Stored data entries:
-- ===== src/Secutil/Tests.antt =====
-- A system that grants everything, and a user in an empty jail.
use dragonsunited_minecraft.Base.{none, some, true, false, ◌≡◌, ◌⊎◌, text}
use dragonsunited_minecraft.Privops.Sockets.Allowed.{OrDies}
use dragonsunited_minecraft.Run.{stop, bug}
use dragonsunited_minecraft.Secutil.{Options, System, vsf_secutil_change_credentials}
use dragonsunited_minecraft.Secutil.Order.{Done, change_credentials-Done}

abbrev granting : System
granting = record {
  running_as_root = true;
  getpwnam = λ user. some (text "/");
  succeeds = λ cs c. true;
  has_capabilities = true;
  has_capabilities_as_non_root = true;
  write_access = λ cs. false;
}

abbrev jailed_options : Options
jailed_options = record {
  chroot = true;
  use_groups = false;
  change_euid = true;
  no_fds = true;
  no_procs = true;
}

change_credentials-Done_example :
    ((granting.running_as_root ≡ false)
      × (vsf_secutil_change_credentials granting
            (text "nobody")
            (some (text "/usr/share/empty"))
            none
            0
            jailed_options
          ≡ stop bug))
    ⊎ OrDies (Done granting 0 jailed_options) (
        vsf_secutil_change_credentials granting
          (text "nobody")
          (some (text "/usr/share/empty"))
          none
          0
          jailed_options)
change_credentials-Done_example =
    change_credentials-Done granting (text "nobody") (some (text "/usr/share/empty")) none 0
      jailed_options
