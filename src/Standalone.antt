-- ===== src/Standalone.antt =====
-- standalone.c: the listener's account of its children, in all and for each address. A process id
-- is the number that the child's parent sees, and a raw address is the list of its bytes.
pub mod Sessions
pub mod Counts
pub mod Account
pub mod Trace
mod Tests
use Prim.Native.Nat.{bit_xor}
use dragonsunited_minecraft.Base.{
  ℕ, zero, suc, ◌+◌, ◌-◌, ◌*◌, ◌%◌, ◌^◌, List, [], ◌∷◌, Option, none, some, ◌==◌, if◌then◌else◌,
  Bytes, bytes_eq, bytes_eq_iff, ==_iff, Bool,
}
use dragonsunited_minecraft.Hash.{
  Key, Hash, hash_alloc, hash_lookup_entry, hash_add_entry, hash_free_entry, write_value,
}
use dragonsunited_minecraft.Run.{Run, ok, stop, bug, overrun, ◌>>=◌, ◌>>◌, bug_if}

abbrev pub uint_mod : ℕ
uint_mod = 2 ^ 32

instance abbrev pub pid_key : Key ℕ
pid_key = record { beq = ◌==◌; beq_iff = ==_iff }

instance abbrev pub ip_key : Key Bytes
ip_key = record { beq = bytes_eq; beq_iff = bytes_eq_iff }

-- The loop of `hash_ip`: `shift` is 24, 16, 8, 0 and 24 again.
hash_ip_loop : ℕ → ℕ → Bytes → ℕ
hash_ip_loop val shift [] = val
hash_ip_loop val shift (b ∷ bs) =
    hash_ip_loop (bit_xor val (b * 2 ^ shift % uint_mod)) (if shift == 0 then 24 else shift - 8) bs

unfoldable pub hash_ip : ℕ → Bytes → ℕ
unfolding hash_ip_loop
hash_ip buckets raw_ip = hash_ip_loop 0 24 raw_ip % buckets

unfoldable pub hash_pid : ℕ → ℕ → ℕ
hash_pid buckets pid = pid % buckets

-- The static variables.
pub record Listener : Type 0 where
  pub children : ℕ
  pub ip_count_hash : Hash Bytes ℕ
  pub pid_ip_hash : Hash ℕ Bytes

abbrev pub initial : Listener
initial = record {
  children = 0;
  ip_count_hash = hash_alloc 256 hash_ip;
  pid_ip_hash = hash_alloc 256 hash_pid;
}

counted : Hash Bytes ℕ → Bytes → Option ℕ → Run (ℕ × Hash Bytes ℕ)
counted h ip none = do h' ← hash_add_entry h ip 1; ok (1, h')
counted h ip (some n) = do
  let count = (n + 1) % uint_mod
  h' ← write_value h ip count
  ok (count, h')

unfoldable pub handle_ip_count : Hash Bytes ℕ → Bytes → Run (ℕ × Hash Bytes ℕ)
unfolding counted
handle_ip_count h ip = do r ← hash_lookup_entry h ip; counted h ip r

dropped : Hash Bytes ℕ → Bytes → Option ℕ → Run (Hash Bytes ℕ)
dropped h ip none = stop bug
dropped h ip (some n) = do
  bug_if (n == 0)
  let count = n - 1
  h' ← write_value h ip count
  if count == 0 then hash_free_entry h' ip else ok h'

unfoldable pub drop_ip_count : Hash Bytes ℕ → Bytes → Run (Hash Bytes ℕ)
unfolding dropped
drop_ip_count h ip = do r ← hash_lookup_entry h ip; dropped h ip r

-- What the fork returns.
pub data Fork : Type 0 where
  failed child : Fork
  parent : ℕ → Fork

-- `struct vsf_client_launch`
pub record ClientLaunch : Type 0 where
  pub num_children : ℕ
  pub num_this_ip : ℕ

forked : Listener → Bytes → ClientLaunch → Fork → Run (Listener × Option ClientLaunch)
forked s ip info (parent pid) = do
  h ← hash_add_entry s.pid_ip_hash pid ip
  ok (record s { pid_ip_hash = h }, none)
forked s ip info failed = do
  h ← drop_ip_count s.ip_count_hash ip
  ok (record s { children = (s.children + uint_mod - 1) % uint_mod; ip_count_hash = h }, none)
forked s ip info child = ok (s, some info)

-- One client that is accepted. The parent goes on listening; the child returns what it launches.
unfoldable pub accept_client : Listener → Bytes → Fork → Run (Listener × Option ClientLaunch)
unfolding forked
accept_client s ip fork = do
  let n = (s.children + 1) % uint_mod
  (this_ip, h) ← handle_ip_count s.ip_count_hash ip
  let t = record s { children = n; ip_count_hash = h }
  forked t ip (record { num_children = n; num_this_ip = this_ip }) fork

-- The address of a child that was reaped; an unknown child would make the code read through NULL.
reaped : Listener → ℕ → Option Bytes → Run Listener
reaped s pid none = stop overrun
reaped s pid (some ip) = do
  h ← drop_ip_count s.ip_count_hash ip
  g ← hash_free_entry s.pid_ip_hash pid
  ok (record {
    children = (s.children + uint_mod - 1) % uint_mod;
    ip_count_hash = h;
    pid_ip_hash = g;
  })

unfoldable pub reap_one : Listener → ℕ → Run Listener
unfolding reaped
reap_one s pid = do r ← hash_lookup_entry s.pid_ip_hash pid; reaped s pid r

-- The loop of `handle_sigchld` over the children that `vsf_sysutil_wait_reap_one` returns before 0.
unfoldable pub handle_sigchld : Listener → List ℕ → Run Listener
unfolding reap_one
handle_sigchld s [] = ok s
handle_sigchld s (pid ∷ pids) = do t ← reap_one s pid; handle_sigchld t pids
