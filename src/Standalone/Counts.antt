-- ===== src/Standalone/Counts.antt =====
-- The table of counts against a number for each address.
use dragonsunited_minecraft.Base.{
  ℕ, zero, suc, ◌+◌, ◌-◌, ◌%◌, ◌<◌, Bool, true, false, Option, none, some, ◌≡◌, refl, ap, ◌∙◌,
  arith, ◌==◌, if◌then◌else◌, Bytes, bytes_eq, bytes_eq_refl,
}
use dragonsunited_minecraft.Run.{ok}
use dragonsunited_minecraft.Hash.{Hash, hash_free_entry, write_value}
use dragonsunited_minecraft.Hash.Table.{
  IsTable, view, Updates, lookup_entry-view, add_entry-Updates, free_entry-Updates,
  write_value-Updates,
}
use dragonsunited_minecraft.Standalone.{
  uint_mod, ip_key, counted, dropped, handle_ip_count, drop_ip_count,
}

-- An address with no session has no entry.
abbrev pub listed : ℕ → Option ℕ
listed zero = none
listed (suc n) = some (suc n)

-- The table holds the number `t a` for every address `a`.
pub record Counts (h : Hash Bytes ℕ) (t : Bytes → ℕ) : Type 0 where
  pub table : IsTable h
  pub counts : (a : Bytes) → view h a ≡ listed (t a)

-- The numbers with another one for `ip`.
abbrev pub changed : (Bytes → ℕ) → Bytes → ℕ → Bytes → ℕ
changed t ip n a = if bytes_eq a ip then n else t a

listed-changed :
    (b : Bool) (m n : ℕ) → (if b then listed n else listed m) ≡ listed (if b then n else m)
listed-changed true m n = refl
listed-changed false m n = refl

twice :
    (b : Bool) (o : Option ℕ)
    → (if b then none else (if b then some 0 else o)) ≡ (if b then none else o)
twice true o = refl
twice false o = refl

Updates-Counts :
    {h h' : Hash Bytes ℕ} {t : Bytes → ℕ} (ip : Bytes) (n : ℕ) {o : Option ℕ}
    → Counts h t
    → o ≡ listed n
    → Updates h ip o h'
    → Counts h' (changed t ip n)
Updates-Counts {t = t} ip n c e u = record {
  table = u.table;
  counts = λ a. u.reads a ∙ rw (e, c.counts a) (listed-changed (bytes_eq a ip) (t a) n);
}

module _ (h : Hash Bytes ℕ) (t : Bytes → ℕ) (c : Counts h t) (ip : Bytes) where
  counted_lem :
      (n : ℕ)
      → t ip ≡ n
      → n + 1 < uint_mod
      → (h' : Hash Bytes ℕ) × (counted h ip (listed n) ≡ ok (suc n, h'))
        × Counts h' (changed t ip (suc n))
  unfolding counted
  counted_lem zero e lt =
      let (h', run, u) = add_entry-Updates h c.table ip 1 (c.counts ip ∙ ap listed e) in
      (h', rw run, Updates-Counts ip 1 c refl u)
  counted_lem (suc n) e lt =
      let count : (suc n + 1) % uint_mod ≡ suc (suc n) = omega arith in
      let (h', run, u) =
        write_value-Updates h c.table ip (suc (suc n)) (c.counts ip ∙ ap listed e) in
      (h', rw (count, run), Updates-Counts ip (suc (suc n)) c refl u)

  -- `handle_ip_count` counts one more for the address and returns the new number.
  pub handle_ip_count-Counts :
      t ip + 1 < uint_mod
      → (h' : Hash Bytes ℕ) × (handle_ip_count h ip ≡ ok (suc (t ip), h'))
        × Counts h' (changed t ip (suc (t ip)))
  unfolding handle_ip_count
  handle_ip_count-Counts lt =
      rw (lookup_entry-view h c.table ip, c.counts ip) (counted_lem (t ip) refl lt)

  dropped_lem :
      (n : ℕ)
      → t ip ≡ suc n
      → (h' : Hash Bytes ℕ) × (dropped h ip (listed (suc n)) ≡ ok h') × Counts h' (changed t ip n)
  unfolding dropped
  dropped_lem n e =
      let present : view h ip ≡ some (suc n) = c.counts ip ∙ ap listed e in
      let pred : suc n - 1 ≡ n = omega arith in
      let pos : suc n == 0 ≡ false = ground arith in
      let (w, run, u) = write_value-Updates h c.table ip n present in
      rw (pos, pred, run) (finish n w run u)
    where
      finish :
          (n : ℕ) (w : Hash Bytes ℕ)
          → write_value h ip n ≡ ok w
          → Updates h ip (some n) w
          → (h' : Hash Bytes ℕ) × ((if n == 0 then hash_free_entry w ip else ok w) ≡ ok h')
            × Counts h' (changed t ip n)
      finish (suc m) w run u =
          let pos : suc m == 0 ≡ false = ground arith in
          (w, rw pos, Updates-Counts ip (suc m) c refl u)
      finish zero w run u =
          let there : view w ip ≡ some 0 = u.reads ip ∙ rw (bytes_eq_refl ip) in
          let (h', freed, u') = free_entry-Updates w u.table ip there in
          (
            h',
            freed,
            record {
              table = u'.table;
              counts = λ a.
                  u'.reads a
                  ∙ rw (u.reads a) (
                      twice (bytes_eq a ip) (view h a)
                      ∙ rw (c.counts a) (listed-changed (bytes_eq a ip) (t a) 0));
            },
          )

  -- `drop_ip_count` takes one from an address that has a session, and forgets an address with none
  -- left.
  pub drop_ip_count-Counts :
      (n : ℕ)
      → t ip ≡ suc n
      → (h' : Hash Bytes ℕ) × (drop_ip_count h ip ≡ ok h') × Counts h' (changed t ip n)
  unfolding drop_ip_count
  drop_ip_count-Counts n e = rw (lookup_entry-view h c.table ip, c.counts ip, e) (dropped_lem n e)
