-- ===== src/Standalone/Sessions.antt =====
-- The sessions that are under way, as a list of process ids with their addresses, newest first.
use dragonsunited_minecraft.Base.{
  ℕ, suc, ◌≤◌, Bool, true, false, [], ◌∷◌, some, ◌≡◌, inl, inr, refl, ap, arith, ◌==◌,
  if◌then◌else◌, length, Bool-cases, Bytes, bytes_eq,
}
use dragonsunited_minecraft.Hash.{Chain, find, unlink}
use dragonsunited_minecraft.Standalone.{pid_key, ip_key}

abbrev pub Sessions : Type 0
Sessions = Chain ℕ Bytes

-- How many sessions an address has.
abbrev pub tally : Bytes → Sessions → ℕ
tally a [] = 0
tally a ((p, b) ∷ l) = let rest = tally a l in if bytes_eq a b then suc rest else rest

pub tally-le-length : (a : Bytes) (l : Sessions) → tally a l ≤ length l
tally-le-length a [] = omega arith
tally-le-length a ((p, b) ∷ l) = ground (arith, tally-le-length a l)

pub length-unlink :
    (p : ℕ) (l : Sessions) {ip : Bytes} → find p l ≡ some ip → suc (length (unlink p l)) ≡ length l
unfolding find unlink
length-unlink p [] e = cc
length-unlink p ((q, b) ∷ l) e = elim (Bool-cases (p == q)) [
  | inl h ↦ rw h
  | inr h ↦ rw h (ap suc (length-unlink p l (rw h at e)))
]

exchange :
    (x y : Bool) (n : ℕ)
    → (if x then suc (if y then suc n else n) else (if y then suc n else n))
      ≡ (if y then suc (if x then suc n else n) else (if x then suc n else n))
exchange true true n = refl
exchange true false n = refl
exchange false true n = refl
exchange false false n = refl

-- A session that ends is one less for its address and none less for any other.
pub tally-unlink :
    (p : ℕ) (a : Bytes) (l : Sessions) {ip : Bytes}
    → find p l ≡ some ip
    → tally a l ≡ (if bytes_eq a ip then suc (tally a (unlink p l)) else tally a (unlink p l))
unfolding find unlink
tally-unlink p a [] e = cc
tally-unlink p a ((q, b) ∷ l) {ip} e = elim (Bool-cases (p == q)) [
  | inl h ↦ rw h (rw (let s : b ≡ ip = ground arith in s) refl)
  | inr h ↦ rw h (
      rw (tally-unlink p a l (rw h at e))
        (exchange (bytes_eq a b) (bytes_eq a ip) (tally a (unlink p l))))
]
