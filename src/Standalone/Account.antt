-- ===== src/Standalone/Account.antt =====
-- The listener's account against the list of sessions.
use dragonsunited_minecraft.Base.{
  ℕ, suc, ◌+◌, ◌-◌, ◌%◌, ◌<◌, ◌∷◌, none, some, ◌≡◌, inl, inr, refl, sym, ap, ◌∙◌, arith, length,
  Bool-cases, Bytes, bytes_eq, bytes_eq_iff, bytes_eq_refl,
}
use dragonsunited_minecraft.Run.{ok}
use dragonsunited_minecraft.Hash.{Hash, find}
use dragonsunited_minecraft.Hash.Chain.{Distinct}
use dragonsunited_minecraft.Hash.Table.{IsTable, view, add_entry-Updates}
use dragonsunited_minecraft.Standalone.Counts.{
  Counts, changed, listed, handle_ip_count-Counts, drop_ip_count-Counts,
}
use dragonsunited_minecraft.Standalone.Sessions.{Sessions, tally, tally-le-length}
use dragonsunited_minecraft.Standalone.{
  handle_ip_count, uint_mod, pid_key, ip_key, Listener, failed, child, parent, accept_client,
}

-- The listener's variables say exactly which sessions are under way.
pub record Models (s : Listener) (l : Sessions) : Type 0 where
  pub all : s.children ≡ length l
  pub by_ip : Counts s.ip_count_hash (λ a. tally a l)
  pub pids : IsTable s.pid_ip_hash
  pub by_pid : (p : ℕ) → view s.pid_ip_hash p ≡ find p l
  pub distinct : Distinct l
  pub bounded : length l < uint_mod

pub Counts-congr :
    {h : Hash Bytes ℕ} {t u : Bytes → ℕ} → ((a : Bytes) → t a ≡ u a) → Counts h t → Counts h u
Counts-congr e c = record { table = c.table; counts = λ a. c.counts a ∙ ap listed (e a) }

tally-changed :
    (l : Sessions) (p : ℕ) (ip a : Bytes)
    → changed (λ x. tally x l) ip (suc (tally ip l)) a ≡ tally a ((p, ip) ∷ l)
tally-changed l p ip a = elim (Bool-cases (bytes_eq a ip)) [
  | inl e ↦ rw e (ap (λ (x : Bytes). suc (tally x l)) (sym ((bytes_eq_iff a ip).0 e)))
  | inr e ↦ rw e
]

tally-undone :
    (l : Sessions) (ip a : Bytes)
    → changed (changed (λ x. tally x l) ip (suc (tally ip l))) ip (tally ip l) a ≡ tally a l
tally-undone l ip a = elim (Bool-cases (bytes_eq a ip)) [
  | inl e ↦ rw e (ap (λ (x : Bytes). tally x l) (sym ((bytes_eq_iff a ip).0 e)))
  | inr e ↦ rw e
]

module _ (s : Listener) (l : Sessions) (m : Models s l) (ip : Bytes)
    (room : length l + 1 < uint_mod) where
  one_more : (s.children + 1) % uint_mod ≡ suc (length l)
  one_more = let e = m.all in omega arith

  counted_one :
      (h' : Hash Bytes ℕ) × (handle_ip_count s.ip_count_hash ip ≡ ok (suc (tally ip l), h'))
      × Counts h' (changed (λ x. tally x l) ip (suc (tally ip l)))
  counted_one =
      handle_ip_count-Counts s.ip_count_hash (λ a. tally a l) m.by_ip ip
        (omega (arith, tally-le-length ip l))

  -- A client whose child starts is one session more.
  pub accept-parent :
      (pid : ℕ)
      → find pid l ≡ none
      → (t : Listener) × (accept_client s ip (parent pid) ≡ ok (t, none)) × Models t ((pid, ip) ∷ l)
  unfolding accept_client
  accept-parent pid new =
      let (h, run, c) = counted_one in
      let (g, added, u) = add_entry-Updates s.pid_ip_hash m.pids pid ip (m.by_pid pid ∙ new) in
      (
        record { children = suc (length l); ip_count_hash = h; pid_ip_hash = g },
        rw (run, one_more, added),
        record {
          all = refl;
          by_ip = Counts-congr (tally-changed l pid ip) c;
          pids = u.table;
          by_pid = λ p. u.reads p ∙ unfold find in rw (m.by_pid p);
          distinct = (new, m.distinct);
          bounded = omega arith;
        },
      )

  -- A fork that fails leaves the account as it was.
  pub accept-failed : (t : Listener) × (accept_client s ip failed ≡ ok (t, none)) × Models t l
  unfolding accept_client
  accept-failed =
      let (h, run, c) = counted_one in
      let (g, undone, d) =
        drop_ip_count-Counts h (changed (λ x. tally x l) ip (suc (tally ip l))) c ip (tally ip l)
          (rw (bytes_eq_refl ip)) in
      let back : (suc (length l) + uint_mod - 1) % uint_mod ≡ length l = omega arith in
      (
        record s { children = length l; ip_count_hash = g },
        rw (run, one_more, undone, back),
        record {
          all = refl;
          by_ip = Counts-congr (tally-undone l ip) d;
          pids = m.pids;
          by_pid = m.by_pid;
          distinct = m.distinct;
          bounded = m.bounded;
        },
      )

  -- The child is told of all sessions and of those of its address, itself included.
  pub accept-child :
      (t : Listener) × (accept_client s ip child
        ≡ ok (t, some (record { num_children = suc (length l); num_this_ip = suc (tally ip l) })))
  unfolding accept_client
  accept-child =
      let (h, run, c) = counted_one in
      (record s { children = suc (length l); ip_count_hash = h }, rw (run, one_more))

Work item: Your task is to restate, word for word, only those lines above that fall between the line holding "let pred : suc" and the line holding "drop_ip_count-Counts n e", inclusive.

Answer for this exercise:
      let pred : suc n - 1 ≡ n = omega arith in
      let pos : suc n == 0 ≡ false = ground arith in
      let (w, run, u) = write_value-Updates h c.table ip n present in
      rw (pos, pred, run) (finish n w run u)
    where
      finish :
          (n : ℕ) (w : Hash Bytes ℕ)
          → write_value h ip n ≡ ok w
          → Updates h ip (some n) w
          → (h' : Hash Bytes ℕ) × ((if n == 0 then hash_free_entry w ip else ok w) ≡ ok h')
            × Counts h' (changed t ip n)
      finish (suc m) w run u =
          let pos : suc m == 0 ≡ false = ground arith in
          (w, rw pos, Updates-Counts ip (suc m) c refl u)
      finish zero w run u =
          let there : view w ip ≡ some 0 = u.reads ip ∙ rw (bytes_eq_refl ip) in
          let (h', freed, u') = free_entry-Updates w u.table ip there in
          (
            h',
            freed,
            record {
              table = u'.table;
              counts = λ a.
                  u'.reads a
                  ∙ rw (u.reads a) (
                      twice (bytes_eq a ip) (view h a)
                      ∙ rw (c.counts a) (listed-changed (bytes_eq a ip) (t a) 0));
            },
          )

  -- `drop_ip_count` takes one from an address that has a session, and forgets an address with none
  -- left.
  pub drop_ip_count-Counts :
      (n : ℕ)
      → t ip ≡ suc n
      → (h' : Hash Bytes ℕ) × (drop_ip_count h ip ≡ ok h') × Counts h' (changed t ip n)
  unfolding drop_ip_count
  drop_ip_count-Counts n e = rw (lookup_entry-view h c.table ip, c.counts ip, e) (dropped_lem n e)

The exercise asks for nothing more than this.